# Requirement
Below are several entries. Transcribe exactly those lines that fall from the one with "then ps_unlink (record" through the one with "a string, which", end lines included.

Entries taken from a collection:
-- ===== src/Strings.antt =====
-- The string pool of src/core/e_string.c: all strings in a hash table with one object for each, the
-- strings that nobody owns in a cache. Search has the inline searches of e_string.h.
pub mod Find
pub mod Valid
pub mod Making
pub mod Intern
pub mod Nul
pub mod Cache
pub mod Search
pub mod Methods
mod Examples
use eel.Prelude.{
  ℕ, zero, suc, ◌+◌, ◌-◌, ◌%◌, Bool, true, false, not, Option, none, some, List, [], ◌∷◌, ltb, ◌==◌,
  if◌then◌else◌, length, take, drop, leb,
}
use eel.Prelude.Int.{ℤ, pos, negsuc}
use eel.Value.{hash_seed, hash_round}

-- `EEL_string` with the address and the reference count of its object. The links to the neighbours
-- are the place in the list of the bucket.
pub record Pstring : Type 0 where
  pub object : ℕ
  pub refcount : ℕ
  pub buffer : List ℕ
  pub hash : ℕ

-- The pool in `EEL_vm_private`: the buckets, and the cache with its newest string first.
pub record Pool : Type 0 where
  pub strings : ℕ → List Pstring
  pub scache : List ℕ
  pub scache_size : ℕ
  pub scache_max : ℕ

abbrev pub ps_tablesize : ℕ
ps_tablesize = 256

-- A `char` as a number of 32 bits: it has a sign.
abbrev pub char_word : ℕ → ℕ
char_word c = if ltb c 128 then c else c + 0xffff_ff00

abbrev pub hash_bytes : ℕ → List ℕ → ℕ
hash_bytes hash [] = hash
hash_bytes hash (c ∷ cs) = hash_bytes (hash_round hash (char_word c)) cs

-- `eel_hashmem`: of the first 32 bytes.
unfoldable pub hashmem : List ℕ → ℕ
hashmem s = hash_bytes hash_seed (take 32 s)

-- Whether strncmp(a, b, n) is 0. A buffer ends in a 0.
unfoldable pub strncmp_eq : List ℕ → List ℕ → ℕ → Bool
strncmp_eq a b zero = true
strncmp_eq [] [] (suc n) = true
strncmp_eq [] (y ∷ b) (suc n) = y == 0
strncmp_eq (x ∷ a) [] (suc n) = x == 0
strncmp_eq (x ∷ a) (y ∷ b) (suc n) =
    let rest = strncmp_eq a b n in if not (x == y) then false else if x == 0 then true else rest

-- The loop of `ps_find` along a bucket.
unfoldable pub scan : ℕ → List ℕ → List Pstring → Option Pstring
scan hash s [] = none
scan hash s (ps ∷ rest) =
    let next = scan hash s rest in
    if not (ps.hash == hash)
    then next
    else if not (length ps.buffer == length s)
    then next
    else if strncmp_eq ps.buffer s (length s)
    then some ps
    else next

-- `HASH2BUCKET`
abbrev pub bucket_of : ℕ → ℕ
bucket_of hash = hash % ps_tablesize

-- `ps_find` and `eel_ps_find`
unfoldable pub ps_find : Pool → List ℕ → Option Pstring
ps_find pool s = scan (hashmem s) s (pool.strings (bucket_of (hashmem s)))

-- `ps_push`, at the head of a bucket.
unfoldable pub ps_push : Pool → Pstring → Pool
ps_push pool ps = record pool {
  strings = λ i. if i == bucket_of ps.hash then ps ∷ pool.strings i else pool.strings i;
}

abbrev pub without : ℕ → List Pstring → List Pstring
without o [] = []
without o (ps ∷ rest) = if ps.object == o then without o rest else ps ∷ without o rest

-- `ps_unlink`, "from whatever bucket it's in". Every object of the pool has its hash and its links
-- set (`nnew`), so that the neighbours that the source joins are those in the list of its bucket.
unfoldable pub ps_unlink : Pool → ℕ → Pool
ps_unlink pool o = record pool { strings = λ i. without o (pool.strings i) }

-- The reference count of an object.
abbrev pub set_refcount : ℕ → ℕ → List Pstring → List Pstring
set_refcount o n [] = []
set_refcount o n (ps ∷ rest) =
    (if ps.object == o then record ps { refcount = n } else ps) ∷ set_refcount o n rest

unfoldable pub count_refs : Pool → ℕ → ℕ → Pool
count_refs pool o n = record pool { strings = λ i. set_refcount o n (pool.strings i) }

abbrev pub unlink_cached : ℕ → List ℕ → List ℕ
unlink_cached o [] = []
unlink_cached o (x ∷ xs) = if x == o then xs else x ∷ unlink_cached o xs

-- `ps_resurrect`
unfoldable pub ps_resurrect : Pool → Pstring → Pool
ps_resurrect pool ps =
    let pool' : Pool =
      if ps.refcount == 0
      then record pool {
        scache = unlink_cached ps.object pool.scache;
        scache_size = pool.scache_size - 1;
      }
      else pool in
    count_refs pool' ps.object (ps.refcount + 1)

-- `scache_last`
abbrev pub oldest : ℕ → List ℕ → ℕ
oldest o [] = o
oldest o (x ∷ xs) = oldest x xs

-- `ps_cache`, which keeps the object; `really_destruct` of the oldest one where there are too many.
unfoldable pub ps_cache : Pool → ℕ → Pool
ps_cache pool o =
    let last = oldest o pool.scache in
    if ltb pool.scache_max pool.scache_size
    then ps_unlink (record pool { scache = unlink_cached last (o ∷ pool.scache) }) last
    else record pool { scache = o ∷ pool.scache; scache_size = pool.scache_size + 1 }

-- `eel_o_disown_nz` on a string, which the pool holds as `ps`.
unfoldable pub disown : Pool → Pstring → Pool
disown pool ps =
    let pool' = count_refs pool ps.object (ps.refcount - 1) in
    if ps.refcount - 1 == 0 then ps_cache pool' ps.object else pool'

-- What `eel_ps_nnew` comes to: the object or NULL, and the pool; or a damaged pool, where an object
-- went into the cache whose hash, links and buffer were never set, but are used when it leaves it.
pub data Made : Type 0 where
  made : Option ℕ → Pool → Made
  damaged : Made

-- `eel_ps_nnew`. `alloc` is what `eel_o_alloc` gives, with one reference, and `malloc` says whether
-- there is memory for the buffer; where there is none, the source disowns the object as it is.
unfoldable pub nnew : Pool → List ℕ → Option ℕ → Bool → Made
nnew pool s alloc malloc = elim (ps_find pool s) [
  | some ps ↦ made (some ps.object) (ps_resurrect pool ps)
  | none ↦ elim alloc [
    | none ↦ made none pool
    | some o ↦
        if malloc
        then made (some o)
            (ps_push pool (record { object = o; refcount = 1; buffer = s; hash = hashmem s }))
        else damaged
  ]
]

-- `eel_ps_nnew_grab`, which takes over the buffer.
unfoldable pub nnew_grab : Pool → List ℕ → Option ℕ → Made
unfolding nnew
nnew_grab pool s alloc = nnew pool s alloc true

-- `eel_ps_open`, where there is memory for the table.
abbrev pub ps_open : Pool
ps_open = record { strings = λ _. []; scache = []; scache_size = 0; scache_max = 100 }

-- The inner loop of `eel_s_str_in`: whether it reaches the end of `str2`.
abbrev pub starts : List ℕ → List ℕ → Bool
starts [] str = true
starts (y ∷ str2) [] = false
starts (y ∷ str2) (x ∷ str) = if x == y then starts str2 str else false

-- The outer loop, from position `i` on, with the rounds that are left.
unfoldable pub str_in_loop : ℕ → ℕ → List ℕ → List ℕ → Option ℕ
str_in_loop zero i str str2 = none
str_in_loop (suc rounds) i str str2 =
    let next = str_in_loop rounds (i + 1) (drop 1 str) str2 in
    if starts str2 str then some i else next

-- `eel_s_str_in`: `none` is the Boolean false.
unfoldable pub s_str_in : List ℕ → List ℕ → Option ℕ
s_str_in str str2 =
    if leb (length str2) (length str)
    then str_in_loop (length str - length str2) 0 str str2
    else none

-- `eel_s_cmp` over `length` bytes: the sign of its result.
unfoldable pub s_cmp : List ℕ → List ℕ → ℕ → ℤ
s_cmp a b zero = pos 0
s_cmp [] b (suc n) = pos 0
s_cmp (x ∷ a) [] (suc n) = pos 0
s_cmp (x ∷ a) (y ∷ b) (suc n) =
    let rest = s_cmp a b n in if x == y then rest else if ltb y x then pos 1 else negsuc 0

# Written response
    then ps_unlink (record pool { scache = unlink_cached last (o ∷ pool.scache) }) last
    else record pool { scache = o ∷ pool.scache; scache_size = pool.scache_size + 1 }

-- `eel_o_disown_nz` on a string, which the pool holds as `ps`.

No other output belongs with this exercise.